» Task requirements: In the records below, the lines from the one containing "(λ k. is_apply k ≡ false)" through the last are to be reproduced exactly and alone.

» Records shown:
○ ○ ○ ○ ○ ○ ○

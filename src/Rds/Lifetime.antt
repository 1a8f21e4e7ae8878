-- ===== src/Rds/Lifetime.antt =====
-- An RDS instance over the calls of a controller.
use componator_aws_providers.Prelude.{String, ◌≢◌, List}
use componator_aws_providers.Aws.{Checker}
use componator_aws_providers.Toolkit.{NamespacedName}
use componator_aws_providers.Lifecycle.{Call, called, Reach, Reach_keeps}
use componator_aws_providers.Rds.Config.{RdsConfig, RdsStatus}
use componator_aws_providers.Rds.Client.{RdsClient}
use componator_aws_providers.Rds.Operations.Answers.{KeepsSecret, NamesSecrets}
use componator_aws_providers.Rds.Operations.Secret.{handlers-KeepsSecret}
use componator_aws_providers.Rds.Register.{provider}

module _ {W : Type 0} (checkers : List Checker) (client : RdsClient W) (names : NamesSecrets client)
    (provider_name : String) (name : NamespacedName) (spec : RdsConfig) where
  called-KeepsSecret :
      (k : Call) (x : RdsStatus × W)
      → KeepsSecret x.0 (called name spec (provider checkers client provider_name) k x).0
  called-KeepsSecret Call.apply (s, w) =
      let (applied, check, deleted, gone) = handlers-KeepsSecret checkers client names spec s w in
      applied
  called-KeepsSecret Call.apply_check (s, w) =
      let (applied, check, deleted, gone) = handlers-KeepsSecret checkers client names spec s w in
      check
  called-KeepsSecret Call.delete (s, w) =
      let (applied, check, deleted, gone) = handlers-KeepsSecret checkers client names spec s w in
      deleted
  called-KeepsSecret Call.delete_check (s, w) =
      let (applied, check, deleted, gone) = handlers-KeepsSecret checkers client names spec s w in
      gone
  called-KeepsSecret Call.health_check (s, w) = λ n. n

  -- Once the status names the managed password's secret, it names one after any calls of the
  -- handlers, in any order, with their statuses stored or lost, whatever the calls answer and
  -- whatever others do to the service in between. The service is assumed not to name a secret by
  -- the empty text.
  pub Reach-KeepsSecret :
      (others : W → W → Type 0) (allowed : Call → Type 0) (x y : RdsStatus × W)
      → Reach (provider checkers client provider_name) name spec others allowed x y
      → KeepsSecret x.0 y.0
  Reach-KeepsSecret others allowed x y r n =
      Reach_keeps _ name spec others allowed (λ z. z.0.master_user_secret_arn ≢ "")
        (λ k a z m. (called-KeepsSecret k z m, m)) (λ s w w' o m. m) r n
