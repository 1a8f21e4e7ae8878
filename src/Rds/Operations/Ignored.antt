-- ===== src/Rds/Operations/Ignored.antt =====
-- What a change of the configuration does to an instance that is there.
use componator_aws_providers.Prelude.{
  String, ◌≡◌, refl, inl, inr, Bool, Option, some, List, ◌==◌, Bool-cases,
}
use componator_aws_providers.Prelude.Int.{ℤ}
use componator_aws_providers.Go.Flow.{ok, rescue, continue}
use componator_aws_providers.Aws.{Checker}
use componator_aws_providers.Rds.Config.{RdsConfig, RdsStatus, unmanaged, resolve_spec}
use componator_aws_providers.Rds.Client.{DbInstance, RdsClient}
use componator_aws_providers.Rds.Calls.{get_instance_data, modify_input, modify_instance}
use componator_aws_providers.Rds.Operations.{apply_branch, apply_resolved, apply_action}

-- The configuration with other values for the public access, the security groups, the port, the type
-- of the storage, and the monitoring.
abbrev pub with_others :
    RdsConfig → Option Bool → List String → Option ℤ → String → Option ℤ → Option Bool → RdsConfig
with_others c public groups port storage interval insights = record c {
  publicly_accessible = public;
  vpc_security_group_ids = groups;
  port = port;
  storage_type = storage;
  monitoring_interval = interval;
  performance_insights_enabled = insights;
}

module _ {W : Type 0} (checkers : List Checker) (client : RdsClient W) where
  -- Where the look-up finds the instance, `applyAction` does not see a change of the public access,
  -- the security groups, the port, the type of the storage or the monitoring in the configuration:
  -- it makes the same calls and gives the same result.
  pub apply_action_ignores :
      (c : RdsConfig) (public : Option Bool) (groups : List String) (port : Option ℤ)
      (storage : String) (interval : Option ℤ) (insights : Option Bool) (status : RdsStatus)
      (i : DbInstance) (w : W)
      → (get_instance_data client c.instance_id w).0 ≡ ok (some i)
      → apply_action checkers client
          (with_others c public groups port storage interval insights)
          status
          w
        ≡ apply_action checkers client c status w
  unfolding apply_action resolve_spec apply_resolved apply_branch modify_instance modify_input
  apply_action_ignores c public groups port storage interval insights status i w found =
      elim (Bool-cases (c.instance_id == "")) [
        | inl e ↦ rw e refl
        | inr e ↦ elim (Bool-cases (c.master_username == "")) [
          | inl f ↦ rw (e, f) refl
          | inr f ↦ elim (Bool-cases (unmanaged c.manage_master_user_password)) [
            | inl g ↦ rw (e, f, g) refl
            | inr g ↦ rw (e, f, g) (rw (found, rescue, continue) refl)
          ]
        ]
      ]
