-- ===== src/Rds/Operations/Unnamed.antt =====
-- rds/operations.go: the deletion of an instance without a name for its final snapshot.
use componator_aws_providers.Prelude.{
  String, ◌≡◌, ◌≢◌, refl, Bool, true, false, Option, some, List, [], arith,
}
use componator_aws_providers.Go.{GoError, wrapf}
use componator_aws_providers.Go.Flow.{ok, err, rescue, continue, merge}
use componator_aws_providers.Go.Along.{
  Preorder, Along, pure-Along, stop-Along, >>=-Along, or_return-Along, catch-Along, if-Along,
}
use componator_aws_providers.Aws.{Checker, is_retryable}
use componator_aws_providers.Toolkit.{NamespacedName, ActionResult, action_result_for_error}
use componator_aws_providers.Lifecycle.{Call, is_apply, called, Reach, Reach_keeps}
use componator_aws_providers.Rds.Config.{RdsConfig, RdsStatus, resolve_spec, fill_defaults}
use componator_aws_providers.Rds.Config.Defaults.{IsAcceptable, resolve_spec-IsAcceptable}
use componator_aws_providers.Rds.Client.{DeleteDbInstanceInput, RdsClient}
use componator_aws_providers.Rds.Errors.{
  is_instance_not_found_error, is_instance_already_being_deleted_error,
}
use componator_aws_providers.Rds.Calls.{get_instance_data, delete_input, delete_instance}
use componator_aws_providers.Rds.Operations.{check_applied, delete_action, check_deleted}
use componator_aws_providers.Rds.Health.{check_health}
use componator_aws_providers.Rds.Register.{provider}

-- What the service does for an instance that is there and is not being deleted, as `there` says: a
-- deletion that asks for a final snapshot of the empty name is refused, and not because the instance
-- is missing or being deleted, and it stays there; to describe an instance does not delete it.
pub record RefusesUnnamed {W : Type 0} (client : RdsClient W) (there : W → String → Bool)
    : Type 0 where
  pub refuses :
      (c : DeleteDbInstanceInput) (id : String) (w : W)
      → c.db_instance_identifier ≡ some id
      → c.skip_final_snapshot ≡ some false
      → c.final_db_snapshot_identifier ≡ some ""
      → there w id ≡ true
      → (e : GoError) × ((client.delete_db_instance c w).0 ≡ err e)
        × (is_instance_not_found_error (some e) ≡ false)
        × (is_instance_already_being_deleted_error (some e) ≡ false)
        × (there (client.delete_db_instance c w).1 id ≡ true)
  pub describe_keeps :
      (asked : Option String) (id : String) (w : W)
      → there w id ≡ true
      → there (client.describe_db_instances asked w).1 id ≡ true

module _ {W : Type 0} (checkers : List Checker) (client : RdsClient W) (there : W → String → Bool)
    (refusing : RefusesUnnamed client there) (spec : RdsConfig) where
  -- The result is an error, and the instance is still there.
  abbrev pub IsRefused : RdsStatus → ActionResult RdsStatus × W → Type 0
  IsRefused status (r, w) =
      ((e : GoError) × (r ≡ action_result_for_error status e (is_retryable checkers)))
      × (there w spec.instance_id ≡ true)

  delete_action-IsRefused :
      (status : RdsStatus) (w : W)
      → spec.skip_final_snapshot ≢ some true
      → spec.final_db_snapshot_identifier ≡ ""
      → there w spec.instance_id ≡ true
      → IsRefused status (delete_action checkers client spec status w)
  unfolding delete_action delete_instance delete_input
  delete_action-IsRefused status w wanted unnamed h =
      let (e, refused, missing, going, stays) =
        refusing.refuses (delete_input spec) spec.instance_id w (ground arith) (ground arith)
          (ground (arith, unnamed)) h in
      rw (refused, rescue)
        (rw (missing, going, continue, merge)
          ((wrapf "delete RDS instance call failed: %w" [] e, refl), stays))

  abbrev Stays : W → W → Type 0
  Stays w w' = there w spec.instance_id ≡ true → there w' spec.instance_id ≡ true

  abbrev staying : Preorder Stays
  staying = record { same = λ w h. h; trans = λ u v w first second h. second (first h) }

  get_instance_data-Stays : (id : String) → Along Stays (get_instance_data client id)
  unfolding get_instance_data
  get_instance_data-Stays id =
      >>=-Along staying _ _
        (catch-Along staying (client.describe_db_instances _) _
          (record { run = λ w h. refusing.describe_keeps _ spec.instance_id w h })
          (λ e. if-Along _ _ _ (pure-Along staying _) (stop-Along staying _)))
        (λ found. pure-Along staying _)

  checks-Stays :
      (status : RdsStatus) (w : W)
      → Stays w (check_applied checkers client spec status w).1
        × Stays w (check_deleted checkers client spec status w).1
        × Stays w (check_health checkers client spec w).1
  unfolding check_applied check_deleted check_health
  checks-Stays status w =
      let run = get_instance_data-Stays spec.instance_id in
      (
        (>>=-Along staying _ _ (or_return-Along staying _ _ run) (λ i. pure-Along staying _)).run w,
        (>>=-Along staying _ _ (or_return-Along staying _ _ run) (λ i. pure-Along staying _)).run w,
        (>>=-Along staying _ _ (or_return-Along staying _ _ run) (λ i. pure-Along staying _)).run w,
      )

module _ {W : Type 0} (checkers : List Checker) (client : RdsClient W) (there : W → String → Bool)
    (refusing : RefusesUnnamed client there) (provider_name : String) (name : NamespacedName)
    (spec : RdsConfig) (wanted : spec.skip_final_snapshot ≢ some true)
    (unnamed : spec.final_db_snapshot_identifier ≡ "") where
  called-Stays :
      (k : Call)
      → is_apply k ≡ false
      → (s : RdsStatus) (w : W)
      → Stays checkers client there refusing spec w
          (called name spec (provider checkers client provider_name) k (s, w)).1
  called-Stays Call.apply a s w = cc
  called-Stays Call.apply_check a s w = (checks-Stays checkers client there refusing spec s w).0
  called-Stays Call.delete a s w =
      λ h. (delete_action-IsRefused checkers client there refusing spec s w wanted unnamed h).1
  called-Stays Call.delete_check a s w = (checks-Stays checkers client there refusing spec s w).1
  called-Stays Call.health_check a s w = (checks-Stays checkers client there refusing spec s w).2

  -- For a configuration that is accepted, wants a final snapshot and has no name for it, an instance
  -- that is there is never deleted: after any calls of the handlers but `applyAction`, in any order,
  -- with their statuses stored or lost, as long as nobody else deletes it, `deleteAction` gives an
  -- error, and the instance is still there. The service is taken to refuse a final snapshot of the
  -- empty name.
  pub Reach-IsRefused :
      (x y : RdsStatus × W)
      → IsAcceptable spec
      → there x.1 spec.instance_id ≡ true
      → Reach
          (provider checkers client provider_name)
          name
          spec
          (Stays checkers client there refusing spec)
          (λ k. is_apply k ≡ false)
          x
          y
      → (resolve_spec spec ≡ ok (fill_defaults spec))
        × IsRefused checkers client there refusing spec y.0
            (delete_action checkers client spec y.0 y.1)
  Reach-IsRefused x y acceptable h r =
      let kept =
        Reach_keeps _ name spec _ _ (λ z. there z.1 spec.instance_id ≡ true)
          (λ k a z g. (called-Stays k a z.0 z.1 g, called-Stays k a z.0 z.1 g)) (λ s w w' o g. o g)
          r h in
      (
        (resolve_spec-IsAcceptable spec (fill_defaults spec)).1 (acceptable, refl),
        delete_action-IsRefused checkers client there refusing spec y.0 y.1 wanted unnamed kept,
      )
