-- ===== src/Samples.antt =====
-- Concrete services, and the theorems at concrete inputs.
mod Names
mod Role
mod Policy
mod Instance
mod Secret
mod Lifetimes
mod Vault
mod Isolation
mod PolicyLifetime
mod Deletion
mod Trust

○ ○ ○ ○ ○ ○ ○

» Exercise result:
          (λ k. is_apply k ≡ false)
          x
          y
      → (resolve_spec spec ≡ ok (fill_defaults spec))
        × IsRefused checkers client there refusing spec y.0
            (delete_action checkers client spec y.0 y.1)
  Reach-IsRefused x y acceptable h r =
      let kept =
        Reach_keeps _ name spec _ _ (λ z. there z.1 spec.instance_id ≡ true)
          (λ k a z g. (called-Stays k a z.0 z.1 g, called-Stays k a z.0 z.1 g)) (λ s w w' o g. o g)
          r h in
      (
        (resolve_spec-IsAcceptable spec (fill_defaults spec)).1 (acceptable, refl),
        delete_action-IsRefused checkers client there refusing spec y.0 y.1 wanted unnamed kept,
      )
-- ===== src/Samples.antt =====
-- Concrete services, and the theorems at concrete inputs.
mod Names
mod Role
mod Policy
mod Instance
mod Secret
mod Lifetimes
mod Vault
mod Isolation
mod PolicyLifetime
mod Deletion
mod Trust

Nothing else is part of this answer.